# Navigating the minefield that is skills assessment



## manic mum (Sep 5, 2017)

Hi All

I am hoping someone may be able to share any experiences or offer suggestions around skills assessment for Welfare work type roles.

I am looking to move to Queensland area and have 2 dependent children.

I have 20 plus years experience working with children and families with the majority of my work over recent years being at managerial level. Unfortunately most roles in Australia seem to want a bachelors degree which i don't have. I have a NVQ Level 4 Care and Management qualification which I achieved in 2003. Age wise I am 43 so now don't have time to complete a degree course at Bachelors level and be able to apply for a work visa in time before I am 45 years old.

Looking at available roles in Australia my most recent roles would fit a Welfare Centre Manager however I don't have a degree so would not meet assessment requirements and I then looked to Welfare Worker but ACWA who undertake skills assessments confirmed my NVQ Level 4 would not meet the overseas qualification requirements. It also looks like for a Community Worker role the overseas qualification that is recognised is a degree so I can't apply for this either.
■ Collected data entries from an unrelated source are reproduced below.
-- ===== src/Ledger/Invariant.antt =====
-- Every step keeps all stories told.
use pay_flow_mock.Prelude.{
  ◌==◌, if◌then◌else◌, if_same, some_inj, ℤ, ◌≤ℤ◌, Text, ℕ, ◌≡◌, refl, sym, ap, ap₂, subst, ◌∙◌,
  some, [], ◌∷◌,
}
use pay_flow_mock.Domain.{Status, initiated, processing, success, failed, refunded, Payment}
use pay_flow_mock.Repository.{PaymentRow, Db, Env, find_payment}
use pay_flow_mock.Repository.Outbox.{event_row}
use pay_flow_mock.Repository.Payments.{
  PaymentRepo, EventSource, outbox_event, payment_row, create_payment,
}
use pay_flow_mock.Repository.Updates.Effects.{Enqueued}
use pay_flow_mock.Ledger.Story.{
  events_of, refunds_of, expected_events, IsSettled, IsProper, Told, Story, IsConsistent,
}
use pay_flow_mock.Ledger.Change.{
  change-IsConsistent, refunds_of-cons, find_payment-changed, events_of-told, retell,
}
use pay_flow_mock.Errors.{ok}
use pay_flow_mock.Repository.Updates.{
  update_payment_status, update_payment_status_with_psp, update_payment_failed,
}
use pay_flow_mock.Repository.Updates.Success.{
  paid, broken, with_status, update_payment_status-ok, update_payment_status_with_psp-ok,
  update_payment_failed-ok,
}
use pay_flow_mock.Domain.Outbox.{payment_success, payment_failed, payment_refunded}
use pay_flow_mock.Repository.Updates.Refunds.{refund_payment_atomic}
use pay_flow_mock.Repository.Payments.Store.{create_payment-ok}
use pay_flow_mock.Repository.Updates.RefundSuccess.{refund_payment_atomic-ok}

-- The story of a payment whose row is found.
Told-of :
    (i : ℕ) (db : Db) (row : PaymentRow)
    → IsConsistent db
    → find_payment i db.payments ≡ some row
    → Told row (events_of i db.outbox) (refunds_of i db.refunds)
Told-of i db row c found =
    subst (λ o. Story o (events_of i db.outbox) (refunds_of i db.refunds)) found (c.stories i)

-- An update with its event.
Enqueued-IsConsistent :
    (r : PaymentRepo) (env : Env) (i : ℕ) (from : Status) (change : PaymentRow → PaymentRow)
    (source : PaymentRow → EventSource) (before after : Db) (old : PaymentRow) (event_id : ℕ)
    → Enqueued r env i from change source before after old event_id
    → (change old).id ≡ old.id
    → (source (change old)).payment_id ≡ i
    → (Told old (events_of i before.outbox) (refunds_of i before.refunds)
        → Told
            (change old)
            ((source (change old)).event_type ∷ events_of i before.outbox)
            (refunds_of i before.refunds))
    → IsConsistent before
    → IsConsistent after
unfolding event_row outbox_event
Enqueued-IsConsistent r env i from change source before after old event_id q same_id of_i next c =
    change-IsConsistent before after i (change old) ((source (change old)).event_type ∷ []) []
      (λ j.
        ap (find_payment j) q.changed.written
        ∙ find_payment-changed i old (change old) before.payments j q.changed.found same_id)
      (λ j. events_of-told j i _ _ after.outbox q.one_event of_i)
      (λ j. ap (refunds_of j) q.same_refunds ∙ if_same (i == j) _)
      (next (Told-of i before old c q.changed.found)) c

pub create-IsConsistent :
    (r : PaymentRepo) (env : Env) (before after : Db)
    → IsConsistent before
    → (request stored : Payment) → create_payment r env (some request) before ≡ (ok stored, after)
    → IsConsistent after
unfolding payment_row
create-IsConsistent r env before after c request stored h =
    let made = create_payment-ok r env request before h in
    let status : stored.status ≡ initiated = ap (λ p. p.status) made.normal in
    let (no_events, no_refunds) =
      subst (λ o. Story o (events_of stored.id before.outbox) (refunds_of stored.id before.refunds))
        made.new_id (c.stories stored.id) in
    change-IsConsistent before after stored.id (payment_row stored) [] []
      (λ j. ap (λ d. find_payment j d.payments) made.written)
      (λ j. ap (λ d. events_of j d.outbox) made.written ∙ if_same (stored.id == j) _)
      (λ j. ap (λ d. refunds_of j d.refunds) made.written ∙ if_same (stored.id == j) _)
      (record {
        sound = made.sound;
        proper = subst IsProper (sym status) tt;
        announced =
            subst (λ s. events_of stored.id before.outbox ≡ expected_events s) (sym status)
              no_events;
        settled =
            subst (λ s. IsSettled s stored.amount (refunds_of stored.id before.refunds))
              (sym status) no_refunds;
      })
      c

module _ (r : PaymentRepo) (env : Env) (i : ℕ) (before after : Db) (c : IsConsistent before) where
  pub start-IsConsistent :
      update_payment_status r env i initiated processing before ≡ (ok tt, after)
      → IsConsistent after
  start-IsConsistent h =
      let (old, valid, changed, kept) =
        update_payment_status-ok r env i before initiated processing h (λ e. cc) in
      change-IsConsistent before after i (with_status env processing old) [] []
        (λ j.
          ap (find_payment j) changed.written
          ∙ find_payment-changed i old (with_status env processing old) before.payments j
              changed.found refl)
        (λ j. ap (λ d. events_of j d.outbox) kept ∙ if_same (i == j) _)
        (λ j. ap (λ d. refunds_of j d.refunds) kept ∙ if_same (i == j) _)
        (retell old (with_status env processing old) _ [] _ []
          (Told-of i before old c changed.found) (refl, refl, refl, refl, refl) initiated processing
          changed.expected refl tt (λ e. e) (λ e. e))
        c

  pub succeed-IsConsistent :
      (psp_name psp_reference_id : Text)
      → update_payment_status_with_psp r env i processing success psp_name psp_reference_id before
        ≡ (ok tt, after)
      → IsConsistent after
  succeed-IsConsistent n f h =
      let (old, event_id, valid, q) =
        update_payment_status_with_psp-ok r env i before processing success n f h (λ e. cc) in
      Enqueued-IsConsistent r env i processing (paid env success n f) _ before after old event_id q
        refl refl
        (λ t.
          retell old (paid env success n f old) _ (payment_success ∷ []) _ [] t
            (refl, refl, refl, refl, refl) processing success q.changed.expected refl tt
            (ap (λ es. payment_success ∷ es)) (λ e. e))
        c

  pub fail-IsConsistent :
      (psp_name psp_reference_id reason : Text)
      → update_payment_failed r env i processing psp_name psp_reference_id reason before
        ≡ (ok tt, after)
      → IsConsistent after
  fail-IsConsistent n f reason h =
      let (old, event_id, valid, q) =
        update_payment_failed-ok r env i before processing n f reason h (λ e. cc) in
      Enqueued-IsConsistent r env i processing (broken env n f reason) _ before after old event_id q
        refl refl
        (λ t.
          retell old (broken env n f reason old) _ (payment_failed ∷ []) _ [] t
            (refl, refl, refl, refl, refl) processing failed q.changed.expected refl tt
            (ap (λ es. payment_failed ∷ es)) (λ e. e))
        c

  pub refund-IsConsistent :
      (amount : ℤ) (key : Text) (refund_id : ℕ) (row : PaymentRow)
      → find_payment i before.payments ≡ some row
      → amount ≤ℤ row.amount
      → refund_payment_atomic r env i amount key before ≡ (ok refund_id, after)
      → IsConsistent after
  refund-IsConsistent amount key refund_id row found covered h =
      let (old, refund, q) = refund_payment_atomic-ok r env i amount key before h in
      let same : row ≡ old = some_inj (sym found ∙ q.changed.found) in
      change-IsConsistent before after i (with_status env refunded old) (payment_refunded ∷ [])
        (amount ∷ [])
        (λ j.
          ap (find_payment j) q.changed.written
          ∙ find_payment-changed i old (with_status env refunded old) before.payments j
              q.changed.found refl)
        (λ j.
          events_of-told j i q.event before.outbox after.outbox q.one_event q.event_payment
          ∙ ap (λ t. if i == j then t ∷ events_of j before.outbox else events_of j before.outbox)
              q.event_kind)
        (λ j.
          ap (refunds_of j) q.one_refund
          ∙ refunds_of-cons j refund before.refunds
          ∙ ap₂
              (λ k x.
                if k == j then x ∷ refunds_of j before.refunds else refunds_of j before.refunds)
              q.of_payment q.of_amount)
        (retell old (with_status env refunded old) _ (payment_refunded ∷ []) _ (amount ∷ [])
          (Told-of i before old c q.changed.found) (refl, refl, refl, refl, refl) success refunded
          q.changed.expected refl tt (ap (λ es. payment_refunded ∷ es))
          (λ none_yet. (
            amount,
            ap (λ xs. amount ∷ xs) none_yet,
            q.positive,
            subst (λ o. amount ≤ℤ o.amount) same covered,
          )))
        c
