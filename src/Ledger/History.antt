-- ===== src/Ledger/History.antt =====
-- What holds after any history of repository calls.
use pay_flow_mock.Prelude.{◌≡◌, refl, sym, subst}
use pay_flow_mock.Repository.{Db}
use pay_flow_mock.Repository.Payments.{PaymentRepo}
use pay_flow_mock.Ledger.{
  Step, create, start_processing, succeed_payment, fail_payment, refund_payment, claim, reclaim,
  deliver, retry_later, give_up, empty_db, Reach, fresh, step,
}
use pay_flow_mock.Ledger.Story.{events_of, refunds_of, IsConsistent}
use pay_flow_mock.Ledger.Worker.{
  OnlyProgress, OnlyProgress-IsConsistent, claim_batch-OnlyProgress, reclaim-OnlyProgress,
  mark_delivered-OnlyProgress, mark_retry-OnlyProgress, mark_dead-OnlyProgress,
}
use pay_flow_mock.Ledger.Invariant.{
  create-IsConsistent, start-IsConsistent, succeed-IsConsistent, fail-IsConsistent,
  refund-IsConsistent,
}

progress-IsConsistent :
    (before state after : Db)
    → OnlyProgress before state
    → after ≡ state
    → IsConsistent before
    → IsConsistent after
progress-IsConsistent before state after p e c =
    subst IsConsistent (sym e) (OnlyProgress-IsConsistent before state p c)

pub Step-IsConsistent :
    (r : PaymentRepo) {before after : Db}
    → Step r before after
    → IsConsistent before
    → IsConsistent after
Step-IsConsistent r (create env request stored h) c =
    create-IsConsistent r env _ _ c request stored h
Step-IsConsistent r (start_processing env i h) c = start-IsConsistent r env i _ _ c h
Step-IsConsistent r (succeed_payment env i n f h) c = succeed-IsConsistent r env i _ _ c n f h
Step-IsConsistent r (fail_payment env i n f reason h) c =
    fail-IsConsistent r env i _ _ c n f reason h
Step-IsConsistent r (refund_payment env i amount key id row found covered h) c =
    refund-IsConsistent r env i _ _ c amount key id row found covered h
Step-IsConsistent r (claim env locked limit e) c =
    progress-IsConsistent _ _ _ (claim_batch-OnlyProgress env _ locked limit) e c
Step-IsConsistent r (reclaim env stale_after e) c =
    progress-IsConsistent _ _ _ (reclaim-OnlyProgress env _ stale_after) e c
Step-IsConsistent r (deliver env i e) c =
    progress-IsConsistent _ _ _ (mark_delivered-OnlyProgress env _ i) e c
Step-IsConsistent r (retry_later env i next_at last_err e) c =
    progress-IsConsistent _ _ _ (mark_retry-OnlyProgress env _ i next_at last_err) e c
Step-IsConsistent r (give_up env i last_err e) c =
    progress-IsConsistent _ _ _ (mark_dead-OnlyProgress env _ i last_err) e c

empty-IsConsistent : IsConsistent empty_db
unfolding events_of refunds_of
empty-IsConsistent = record { stories = λ i. (refl, refl) }

-- After any history of the calls that the service and the worker make, by any interleaving, each
-- with the statuses for which they make it and a refund of at most the payment's amount, the
-- three tables agree on every payment: the events are those of its status, in their order and
-- each once; a refunded payment has one refund, of more than 0, and any other has none; its data
-- are as they were validated.
pub Reach-IsConsistent : (r : PaymentRepo) {db : Db} → Reach r db → IsConsistent db
Reach-IsConsistent r fresh = empty-IsConsistent
Reach-IsConsistent r (step reach s) = Step-IsConsistent r s (Reach-IsConsistent r reach)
There is a Youth Worker post but not sure I would meet the specialism requirement for this I have emailed ACWA to ask if they may be able to clarify what this means exactly so i can see if my work experiences fit this.

VETASSESS undertake the assessment for a Family Support Worker which I have previously undertaken this role but left the post in 2010 and since then have managed teams providing family support so my contact with families has not been at the same level.

I am at a loss as to what to try next. Even if I could secure sponsorship via an employer I need to be able to evidence I meet skills assessment requirements.

VETASSESS offer consultation service which they charge $220 for. Has anyone used this service and what was their experience like? I would appreciate any suggestions/ information anyone can offer.

Thanks in advance


----------